# Two-Way Radios



## K. Smith (May 25, 2009)

We went to an RV dealership in Tulsa once and they had a TT with a 12V AudioVox two-way radio setup with four radios and I thought it was pretty cool. It looks like this:










My biggest problem is that they have two mile range, which is pretty weak.

Do any of you have experience with that unit or other AudioVox radios?

Thanks,
Kevin


----------



## W5CI (Apr 21, 2009)

That looks like the GMRS family talk radios that you can get at wmt or anywhere else, 2 mi would really be streching their range, if you want more range you can get your Ham License, which is very easy now, no code required. there will be a Hamfest in ft smith the first weekend of april i think.


----------



## H2oSprayer (Aug 5, 2006)

If you are worried about distance, you could always do something like these --> Uniden, they have an advertised 18 mile range. But keep in mind, if you use a GMRS radio, you are required to have a license.


----------



## K. Smith (May 25, 2009)

I appreciate the replies.

The question of range is that I typically believe 1/2 what anyone claims something is capable of. Otherwise, two miles would be adequate. Where we camp often, I don't get good cellular coverage and I would like to be reachable when fishing out on the lake, or if I fish the river.

I will probably pick up a cheap set of radios like these at Wal-Mart and see how far they reach. No sense modding the camper with unsat equipment.

Kevin


----------



## johnp (Mar 15, 2004)

My Itasca Has that same setup in it from the factory. We used them all the time I can't say they work two miles but they have been good enough for anywhere we use them.

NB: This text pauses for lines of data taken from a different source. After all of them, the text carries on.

-- ===== src/Network/Validate/Details.antt =====
-- What the checks of the resolvers and of the Wi-Fi network ensure.
use cedar_switch_3i4o_power.Common.{
  ℕ, zero, suc, ◌+◌, ◌<◌, ◌≤◌, ◌≡◌, ◌⊎◌, inl, inr, Bool, true, false, ◌&&◌, not, List, get_or, ltb,
  leb, ◌==◌, arith, Bool-cases,
}
use cedar_switch_3i4o_power.ApiValidation.Errors.{field_required, field_not_allowed}
use cedar_switch_3i4o_power.Network.Types.{
  DeviceAddr, dns_automatic, dns_manual, dns_mode_count, DeviceDns, DeviceConfig,
  NetworkConfigInput, wifi_open, wifi_security_count, ssid_max_len, secret_keep, dns_max_servers,
}
use cedar_switch_3i4o_power.Network.Parts.{bad_server, no_server, path_dns_servers, same_ssid}
use cedar_switch_3i4o_power.Network.Check.{
  pass, refuse, refuse_if, also, Ensures, weaken-Ensures, refuse-Ensures, refuse_if-Ensures,
  also-Ensures, if-Ensures,
}
use cedar_switch_3i4o_power.Network.Validate.{
  validate_servers, validate_dns, validate_ssid, validate_credential, validate_wifi,
}
use cedar_switch_3i4o_power.Network.Validate.Facts.{
  WifiFine, ServersFine, DnsFine, is_automatic, is_manual,
}

module _ (max_fields : ℕ) where
  validate_servers-Ensures :
      (left i : ℕ) (servers : List DeviceAddr)
      → Ensures (validate_servers max_fields left i servers) (ServersFine left i servers)
  unfolding validate_servers ServersFine
  validate_servers-Ensures zero i servers = record { ensures = λ err h. tt }
  validate_servers-Ensures (suc left) i servers =
      also-Ensures _ _ (refuse_if-Ensures max_fields (bad_server (get_or servers i no_server)) _ _)
        (validate_servers-Ensures left (i + 1) servers)

  pub validate_dns-Ensures : (dns : DeviceDns) → Ensures (validate_dns max_fields dns) (DnsFine dns)
  unfolding validate_dns
  validate_dns-Ensures dns =
      if-Ensures (leb dns_mode_count dns.mode) _ _ (λ out. refuse-Ensures max_fields _ _)
        (λ known.
          if-Ensures (ltb dns_max_servers dns.server_count) _ _
            (λ many.
              weaken-Ensures _ (λ facts. facts.1)
                (also-Ensures _ _ counted (refuse-Ensures max_fields _ _)))
            (λ few.
              weaken-Ensures _ (λ facts. fine known few facts.0 facts.1)
                (also-Ensures _ _ counted
                  (validate_servers-Ensures dns.server_count 0 dns.servers))))
    where
      automatic : Bool
      automatic = dns.mode == dns_automatic && not (dns.server_count == 0)

      manual : Bool
      manual = dns.mode == dns_manual && dns.server_count == 0

      counted :
          Ensures
            (also
              (refuse_if max_fields automatic path_dns_servers field_not_allowed)
              (refuse_if max_fields manual path_dns_servers field_required))
            ((automatic ≡ false) × (manual ≡ false))
      counted =
          also-Ensures _ _ (refuse_if-Ensures max_fields automatic _ _)
            (refuse_if-Ensures max_fields manual _ _)

      fine :
          leb dns_mode_count dns.mode ≡ false
          → ltb dns_max_servers dns.server_count ≡ false
          → (automatic ≡ false) × (manual ≡ false)
          → ServersFine dns.server_count 0 dns.servers
          → DnsFine dns
      fine known few facts servers = elim (Bool-cases (dns.mode == dns_automatic)) [
        | inl auto ↦ is_automatic (ground arith) (ground arith)
        | inr listed ↦ is_manual (ground arith) (ground arith) (ground arith) servers
      ]

  validate_ssid-Ensures :
      (input : NetworkConfigInput)
      → Ensures (validate_ssid max_fields input) (
          (input.ssid_invalid ≡ false)
          × (0 < input.config.wifi.ssid_len)
          × (input.config.wifi.ssid_len ≤ ssid_max_len))
  unfolding validate_ssid refuse_if refuse pass
  validate_ssid-Ensures input = record { ensures = λ err h. ground arith }

  validate_credential-Ensures :
      (input : NetworkConfigInput) (committed : DeviceConfig)
      → Ensures (validate_credential max_fields input committed) (
          ¬ (input.wifi_password.action ≡ secret_keep)
          ⊎ ((input.config.wifi.security ≡ wifi_open)
              ⊎ ((committed.wifi.password_set ≡ true)
                  × (same_ssid input committed ≡ true)
                  × (committed.wifi.security ≡ input.config.wifi.security))))
  unfolding validate_credential refuse_if refuse pass
  validate_credential-Ensures input committed = record { ensures = λ err h. ground arith }

  pub validate_wifi-Ensures :
      (input : NetworkConfigInput) (committed : DeviceConfig)
      → Ensures
          (validate_wifi max_fields input committed)
          ((input.config.wifi.enabled ≡ false) ⊎ WifiFine input committed)
  unfolding validate_wifi
  validate_wifi-Ensures input committed =
      if-Ensures (not input.config.wifi.enabled) _ _
        (λ off. record { ensures = λ err h. inl (ground arith) })
        (λ on.
          if-Ensures (leb wifi_security_count input.config.wifi.security) _ _
            (λ unknown.
              weaken-Ensures _ (λ facts. facts.1)
                (also-Ensures _ _ (validate_ssid-Ensures input) (refuse-Ensures max_fields _ _)))
            (λ known.
              weaken-Ensures _
                (λ facts. inr record {
                  ssid_there = facts.0.0;
                  ssid_some = facts.0.1;
                  ssid_room = facts.0.2;
                  security_known = ground arith;
                  password_there = facts.1;
                })
                (also-Ensures _ _ (validate_ssid-Ensures input)
                  (validate_credential-Ensures input committed))))
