-- ===== src/Network/Validate/Accepted.antt =====
-- What holds of a proposal that `network_validate_config` accepts.
use cedar_switch_3i4o_power.Common.{ℕ, ◌<◌, ◌≡◌, ◌⊎◌, inl, true, false, ◌&&◌, not, leb, arith}
use cedar_switch_3i4o_power.ApiValidation.Errors.{ApiError}
use cedar_switch_3i4o_power.Network.Types.{
  DeviceConfig, NetworkConfigInput, NetworkStatus, interface_ethernet, interface_wifi,
  interface_count,
}
use cedar_switch_3i4o_power.Network.Parts.{interface_enabled, has_path}
use cedar_switch_3i4o_power.Network.Check.{
  Ensures, weaken-Ensures, refuse-Ensures, refuse_if-Ensures, also-Ensures, unless_failed-Ensures,
  if-Ensures,
}
use cedar_switch_3i4o_power.Network.Validate.{
  refuse_both, validate_enabled, validate_preferred, validate_path, network_validate_config,
}
use cedar_switch_3i4o_power.Network.Validate.Facts.{Accepted}
use cedar_switch_3i4o_power.Network.Validate.Blocks.{validate_ipv4-Ensures}
use cedar_switch_3i4o_power.Network.Validate.Details.{validate_dns-Ensures, validate_wifi-Ensures}

module _ (max_fields : ℕ) where
  validate_enabled-Ensures :
      (cfg : DeviceConfig) (status : NetworkStatus)
      → Ensures
          (validate_enabled max_fields cfg status)
          ((cfg.wifi.enabled ≡ false) ⊎ (status.wifi.present ≡ true))
  unfolding validate_enabled
  validate_enabled-Ensures cfg status =
      if-Ensures (not cfg.ethernet.enabled && not cfg.wifi.enabled) _ _
        (λ none_on. record { ensures = λ err h. inl (ground arith) })
        (λ some_on.
          weaken-Ensures _ (λ fact. ground arith)
            (refuse_if-Ensures max_fields (cfg.wifi.enabled && not status.wifi.present) _ _))

  validate_preferred-Ensures :
      (cfg : DeviceConfig)
      → Ensures (validate_preferred max_fields cfg) (
          (cfg.preferred_interface < interface_count)
          × (interface_enabled cfg cfg.preferred_interface ≡ true))
  unfolding validate_preferred
  validate_preferred-Ensures cfg =
      let enabled = interface_enabled cfg cfg.preferred_interface in
      if-Ensures (leb interface_count cfg.preferred_interface) _ _
        (λ out. refuse-Ensures max_fields _ _)
        (λ known.
          weaken-Ensures _ (λ fact. (ground arith, ground arith))
            (refuse_if-Ensures max_fields (not enabled) _ _))

  validate_path-Ensures :
      (cfg : DeviceConfig) (status : NetworkStatus)
      → Ensures (validate_path max_fields cfg status) (has_path cfg status ≡ true)
  unfolding validate_path
  validate_path-Ensures cfg status =
      if-Ensures (has_path cfg status) _ _ (λ there. record { ensures = λ err h. there })
        (λ missing.
          weaken-Ensures _ (λ fact. fact.1)
            (unfold refuse_both in
              also-Ensures {P = Unit} _ _ (refuse-Ensures max_fields _ _)
                (refuse-Ensures max_fields _ _)))

  network_validate_config-Ensures :
      (input : NetworkConfigInput) (committed : DeviceConfig) (status : NetworkStatus)
      → Ensures
          (network_validate_config max_fields input committed status)
          (Accepted input committed status)
  unfolding network_validate_config
  network_validate_config-Ensures input committed status =
      let cfg = input.config in
      weaken-Ensures _
        (λ facts. record {
          reachable = facts.1;
          wifi_there = facts.0.0;
          preferred_known = facts.0.1.1.1.1.0.0;
          preferred_enabled = facts.0.1.1.1.1.0.1;
          ethernet_block = facts.0.1.0;
          wifi_block = facts.0.1.1.0;
          dns_fine = facts.0.1.1.1.0;
          wifi_fine = facts.0.1.1.1.1.1;
        })
        (unless_failed-Ensures _ _
          (also-Ensures _ _ (validate_enabled-Ensures cfg status) (
            also-Ensures _ _
              (validate_ipv4-Ensures max_fields cfg.ethernet.ipv4 _ interface_ethernet)
              (also-Ensures _ _ (validate_ipv4-Ensures max_fields cfg.wifi.ipv4 _ interface_wifi) (
                also-Ensures _ _ (validate_dns-Ensures max_fields cfg.dns) (
                  also-Ensures _ _ (validate_preferred-Ensures cfg)
                    (validate_wifi-Ensures max_fields input committed))))))
          (validate_path-Ensures cfg status))

  -- A proposal that `network_validate_config` accepts can be reached, over an interface that is
  -- enabled, present and linked. The preferred interface is enabled, a radio is there if Wi-Fi is
  -- enabled, both address blocks are consistent (with DHCP no address, prefix or gateway; with a
  -- static block an address, a prefix of a network, an address that is a host of it, and a gateway
  -- that is another host of it), the resolvers fit their mode and are addresses, and an enabled Wi-Fi
  -- has a name, a known security and, where its password is kept, a stored password of the same
  -- network.
  pub network_validate_config-Accepted :
      (input : NetworkConfigInput) (committed : DeviceConfig) (status : NetworkStatus)
      (err : ApiError)
      → (network_validate_config max_fields input committed status err).0 ≡ true
      → Accepted input committed status
  network_validate_config-Accepted input committed status err h =
      (network_validate_config-Ensures input committed status).ensures err h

The nice thing is they are always charged and right at the door grab them and go.

John


----------



## Nathan (Jan 2, 2007)

Ours work in the campground and I imagine they would have good range across a lake. Never tried anything over probably 1/2 mile though.


----------



## mountainlady56 (Feb 13, 2006)

Hi.
I purchased a pair of Uniden with the charging base, and they have a reported range of 6 miles. So, even if they don't reach but 1/2, that's 3 miles, depending on terrain, etc. I keep them at home and transport them in the RV on trips, so my almost 16 year old can have a little freedom but I can still keep up with where he's at, riding his bike and walking around the campgrounds, etc.
This is a brand I know works well.
Hope this helps.
Darlene


----------



## mmblantz (Jul 1, 2007)

I've tested and sold the Motorola and Midland versions of these two-ways. The features offered on these things has increase by leaps and bounds over the last few years while the price has fallen like a rock. Garmin is even making a nice one called the Rino that is also a GPS but it is still kinda pricey. Most of the ones I played with were ok in open terrain like beach areas and rolling hills. But if you get into areas with alot of buildings...like for example, I was trying out a set with the wife while walking the dogs in town. She was on the porch, I was walking maybe half a mile away and the reception was garbled. Just try them out and get to know them when you're not relying on them and be aware of their limitations. ---Mike


----------



## Carey (Mar 6, 2012)

We have some motorollas bought from radio shack. They work real well. I dont know how far they go, but Im out of breath by the time I lose range, so thats pretty far!









Carey


----------



## twincam (Jan 11, 2010)

these used to be offered in the Attitude brand toy haulers, neat option just not real powerful.


----------



## ember (Jan 17, 2008)

We got a set from Home Depot (of all places) $40 a couple of years ago, and still going strong. We use them occasionally on the jobsite as well We have also used them when traveling with my siblings one in our truck and one in theirs to coordinate potty breaks etc. and they worked well and we were very surprised at how well they worked in the Adirondacks.


----------



## vdub (Jun 19, 2004)

Would tend to agree with danny285... If you really want some range and reliability, get a ham license. Downside is that anyone using the radios has to have a license and the radios can be a tad more expensive. Many parts of the US are covered by repeaters, so your range can be 30, 40, 50 miles -- depending, of course. I got my license in '88 and the wife got her's in '94 just prior to a 2-car long trip. Sure beats CB's.


----------



## Lmbevard (Mar 18, 2006)

Have a pair that I bought a couple of years ago that is suppose to reach 5 miles. I have tried them at a couple of miles and they work fine and have even tested them at work talking from the basement of one of the buildings to the control room of another and worked great. But, don't use them much anymore. DW and I have free mobile to mobile so that is our walkie talkies. Nice thing about these units is that a whole family can be on them and talk back and forth at the same time instead of calling each one. The built in charging station would be nice. Don't know the cost of this unit, but I have seen some that has a charging station that will handle 4 batteries that don't take up much space and only cost a little more than some of the other ones.


----------



## Nathan (Jan 2, 2007)

Lmbevard said:


> Have a pair that I bought a couple of years ago that is suppose to reach 5 miles. I have tried them at a couple of miles and they work fine and have even tested them at work talking from the basement of one of the buildings to the control room of another and worked great. But, don't use them much anymore. DW and I have free mobile to mobile so that is our walkie talkies. Nice thing about these units is that a whole family can be on them and talk back and forth at the same time instead of calling each one. The built in charging station would be nice. Don't know the cost of this unit, but I have seen some that has a charging station that will handle 4 batteries that don't take up much space and only cost a little more than some of the other ones.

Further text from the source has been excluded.